Título: Mais chances de sobreviver
Autor: Weber, Demétrio
Fonte: O Globo, 23/01/2008, O País, p. 3

Em Pernambuco, melhora acesso de população carente à saúde.

RECIFE. Nascida e criada na beira do mangue - onde sobrevive catando caranguejo ou vendendo lixo para empresas de reciclagem -, a carroceira Nancy Farias Pessoa, de 61 anos, é um exemplo de que, embora ainda seja alta, a mortalidade infantil no Nordeste vem caindo. Ela teve 21 filhos, mas só conseguiu criar seis. As crianças morreram de diarréia, problemas respiratórios, febre. Mas os seis filhos lhe deram 47 netos, todos vivos.

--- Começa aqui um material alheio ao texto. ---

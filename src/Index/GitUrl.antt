-- ===== src/Index/GitUrl.antt =====
-- src/index/giturl.go: the normal form of repository URLs. Package net/url, and the host and port
-- functions of package net, are a parameter.
use bepper.Base.{
  ℕ, String, Bool, not, ◌&&◌, ◌||◌, Option, none, some, ◌==◌, leb, eqb, if◌then◌else◌,
}
use Prim.Native.Char.{code}
use Prim.Native.String.{[], ◌∷◌}
use bepper.Base.Text.{
  ◌⧺◌, push, cut, trim_prefix, has_prefix, trim_suffix, trim_space, contains_any, or_else, is_some,
}

pub record Userinfo : Type 0 where
  pub username : String
  pub password : Option String

-- url.URL; `rest` stands for the fields that the program hands on unread.
pub record Url (Rest : Type 0) : Type 0 where
  pub scheme : String
  pub user : Option Userinfo
  pub host : String
  pub path : String
  pub rest : Rest

pub record UrlPackage : Type 1 where
  pub Rest : Type 0
  pub parse : String → Option (Url Rest)
  pub to_string : Url Rest → String
  pub hostname : Url Rest → String
  pub split_host_port : String → Option (String × String)
  pub join_host_port : String → String → String

is_scheme_char : ℕ → Bool
is_scheme_char c =
    (leb b'a' c && leb c b'z')
    || (leb b'0' c && leb c b'9')
    || eqb c b'+'
    || eqb c b'.'
    || eqb c b'-'

is_digit : ℕ → Bool
is_digit c = leb b'0' c && leb c b'9'

-- The class [0-9a-zA-Z%._~-].
is_host_char : ℕ → Bool
unfolding is_digit
is_host_char c =
    is_digit c
    || (leb b'a' c && leb c b'z')
    || (leb b'A' c && leb c b'Z')
    || eqb c b'%'
    || eqb c b'.'
    || eqb c b'_'
    || eqb c b'~'
    || eqb c b'-'

-- The longest prefix of characters that pass the test, and what stands after it.
span : (ℕ → Bool) → String → String × String
span p [] = ("", "")
span p (c ∷ s) = let rest = span p s in if p (code c) then push c rest else ("", c ∷ s)

-- The optional `[a-z0-9+.-]+:` in front of a text, and what stands after it.
scheme_prefix : String → String × String
unfolding span is_scheme_char
scheme_prefix s =
    let (scheme, after) = span is_scheme_char s in
    if not (scheme == "") && has_prefix after ":"
    then (scheme ⧺ ":", trim_prefix after ":")
    else ("", s)

-- schemeRegexp matches at the start of the text.
has_scheme : String → Bool
unfolding scheme_prefix
has_scheme s = has_prefix s "/" || has_prefix (scheme_prefix s).1 "//"

-- `:[0-9]*[^0-9/@][^@]*$` at the head of a text: the port digits, and the text from the character
-- before which the slash is missing.
port_without_slash : String → Option (String × String)
unfolding span is_digit
port_without_slash s =
    if has_prefix s ":"
    then (let (digits, after) = span is_digit (trim_prefix s ":") in
        if after == "" || has_prefix after "/" || contains_any after (λ c. eqb c b'@')
        then none
        else some (":" ⧺ digits, after))
    else none

-- `[0-9a-zA-Z%._~-]+` and then the above: the text up to the missing slash, and after it.
host_without_slash : String → Option (String × String)
unfolding port_without_slash is_host_char
host_without_slash s =
    let (host, after) = span is_host_char s in
    if host == "" then none else elim (port_without_slash after) [
      | none ↦ none
      | some (port, path) ↦ some (host ⧺ port, path)
    ]

-- The optional `[…]+(:[…]*)?@` in front of a host.
user_prefix : String → Option (String × String)
unfolding span is_host_char
user_prefix s =
    let (name, after) = span is_host_char s in
    let (password, end) = span is_host_char (trim_prefix after ":") in
    if name == ""
    then none
    else if has_prefix after "@"
    then some (name ⧺ "@", trim_prefix after "@")
    else if has_prefix after ":" && has_prefix end "@"
    then some (name ⧺ ":" ⧺ password ⧺ "@", trim_prefix end "@")
    else none

-- The replacement by missingSlashBetweenPortAndPathRegexp; a text that does not match stays.
add_missing_slash : String → String
unfolding scheme_prefix user_prefix host_without_slash
add_missing_slash s =
    let (scheme, after) = scheme_prefix s in
    let rest = trim_prefix after "//" in
    let (user, hosted) = or_else ("", rest) (user_prefix rest) in
    if has_prefix after "//"
    then elim (host_without_slash hosted) [
      | none ↦ s
      | some (host, path) ↦ scheme ⧺ "//" ⧺ user ⧺ host ⧺ "/" ⧺ path
    ]
    else s

is_dot_or_colon : ℕ → Bool
is_dot_or_colon c = eqb c b'.' || eqb c b':'

module _ (urls : UrlPackage) where
  open urls use {Rest, parse, to_string, hostname, split_host_port, join_host_port}

  -- `if repoURL.Path != "/"`
  strip_slash : Url Rest → Url Rest
  strip_slash u = if u.path == "/" then u else record u { path = trim_suffix u.path "/" }

  -- file://buildbuddy-io/buildbuddy and //buildbuddy-io/buildbuddy -> buildbuddy-io/buildbuddy
  undo_host : Url Rest → Url Rest
  unfolding is_dot_or_colon
  undo_host u =
      if (u.scheme == "file" || u.scheme == "")
        && not (u.host == "")
        && not (hostname u == "localhost")
        && not (contains_any u.host is_dot_or_colon)
        && not (u.path == "")
      then record u { scheme = ""; path = u.host ⧺ u.path; host = "" }
      else u

  -- The path's first part becomes the host, or the host is github.com.
  find_host : Url Rest → Url Rest
  unfolding is_dot_or_colon
  find_host u =
      let first = or_else (u.path, "") (cut b'/' u.path) in
      if u.scheme == "" && u.host == "" && not (has_prefix u.path "/")
      then (if contains_any first.0 is_dot_or_colon || first.0 == "localhost"
          then record u { host = first.0; path = trim_prefix u.path first.0 }
          else if is_some (cut b'/' u.path)
          then record u { host = "github.com"; path = "/" ⧺ u.path }
          else u)
      else u

  -- A trailing ":" of a host that lacks a port.
  strip_colon : Url Rest → Url Rest
  strip_colon u = elim (split_host_port u.host) [
    | none ↦ u
    | some (host, port) ↦
        if port == "" then record u { host = trim_suffix (join_host_port host port) ":" } else u
  ]

  username_of : Option Userinfo → String
  username_of none = ""
  username_of (some i) = i.username

  assume_scheme : Url Rest → Url Rest
  unfolding username_of
  assume_scheme u =
      if not (to_string u == "") && u.scheme == ""
      then (if hostname u == "localhost"
          then record u { scheme = "http" }
          else if u.host == ""
          then record u { scheme = "file" }
          else if not (username_of u.user == "")
          then record u { scheme = "ssh" }
          else record u { scheme = "https" })
      else u

  prepare_repo : String → String
  unfolding has_scheme add_missing_slash
  prepare_repo repo = add_missing_slash (if has_scheme repo then repo else "//" ⧺ repo)

  pub parse_repo_url : String → Option (Url Rest)
  unfolding prepare_repo strip_slash undo_host find_host strip_colon assume_scheme
  parse_repo_url repo = elim (parse (prepare_repo (trim_space repo))) [
    | none ↦ none
    | some u ↦ some (assume_scheme (strip_colon (find_host (undo_host (strip_slash u)))))
  ]

  coerce_scheme : Url Rest → Url Rest
  coerce_scheme u =
      if u.scheme == "file" || (u.scheme == "" && hostname u == "" && not (u.path == ""))
      then record u { scheme = "file" }
      else if not (u.scheme == "https") && hostname u == "localhost"
      then record u { scheme = "http" }
      else if not (to_string u == "")
      then record u { scheme = "https" }
      else u

  strip_user : Url Rest → Url Rest
  strip_user u = record u { user = none; path = trim_suffix u.path ".git" }

  pub normalize_repo_url : String → Option (Url Rest)
  unfolding coerce_scheme strip_user
  normalize_repo_url repo = elim (parse_repo_url (trim_space repo)) [
    | none ↦ none
    | some u ↦ some (strip_user (coerce_scheme u))
  ]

As crianças moram em barracos tão precários quanto o do avó, em madeira, sem água encanada nem saneamento. Brincam no lixo, passeiam pela pocilga onde vivem dois porcos e jogam bola perto do curral cheio de esterco. Mas, ao contrário dos tios que sucumbiram, as crianças têm chance de sobreviver: são constantemente monitoradas por agentes do Programa de Saúde da Família, recebem vacinas no posto mais próximo, e os pais sabem preparar o soro caseiro, em caso de diarréia.

- Comecei a parir muito nova, aos 14. Não sabia nada da vida. Não consegui criar todos os filhos, muitos morreram. Já meus netos, todos estão sendo criados. Hoje os pobres têm tudo quando o assunto é saúde - afirmou ela ontem, em sua casa de um cômodo, construída com pedaços velhos de madeira recolhidos em demolições.

- Menino morria por diarréia, por febre, até quando nascia dente. Hoje as pessoas são mais esclarecidas, e a população tem mais acesso aos serviços de saúde - atesta Nice da Silva, líder comunitária local.

Ela diz que, entre as mães mais jovens, a mortalidade das crianças é menor do que a que marcou a vida de Nancy. Joana Pessoa, de 27 anos, não tem emprego, sobrevive com R$50 do Bolsa Família, teve cinco filhos, quatro vivos. A despensa está vazia. Ela perdeu um filho com 4 meses com problemas respiratórios. Os quatro restantes - com idades de 7 a 11 anos - já tiveram diarréia, desidratação e pelo menos um deles aparenta estar subnutrido. Mas ela acredita que, como os netos de Nancy, eles sobreviverão.

- Está tudo vivo. Quando um adoece, corro para o posto de saúde ou então para o hospital - afirma ela.

Em Recife, a mortalidade infantil vem caindo a cada ano. Saiu de 77 por mil nascidos vivos na década de 80 para 14,4 em 2006. O programa de Saúde da Família é apontado pela prefeitura como um dos motivos da redução. A capital tem 111 postos do programa, e o número de equipes subiu de 27 em 2001 para 226 hoje. O número de agentes de saúde cresceu. A líder comunitária Nice da Silva resume:

- A vida continua difícil. Não temos esgoto, as pessoas moram em residências precárias, sem água encanada, o lixo batendo à porta e passam fome. Mas o caminho de acesso à saúde ficou mais curto.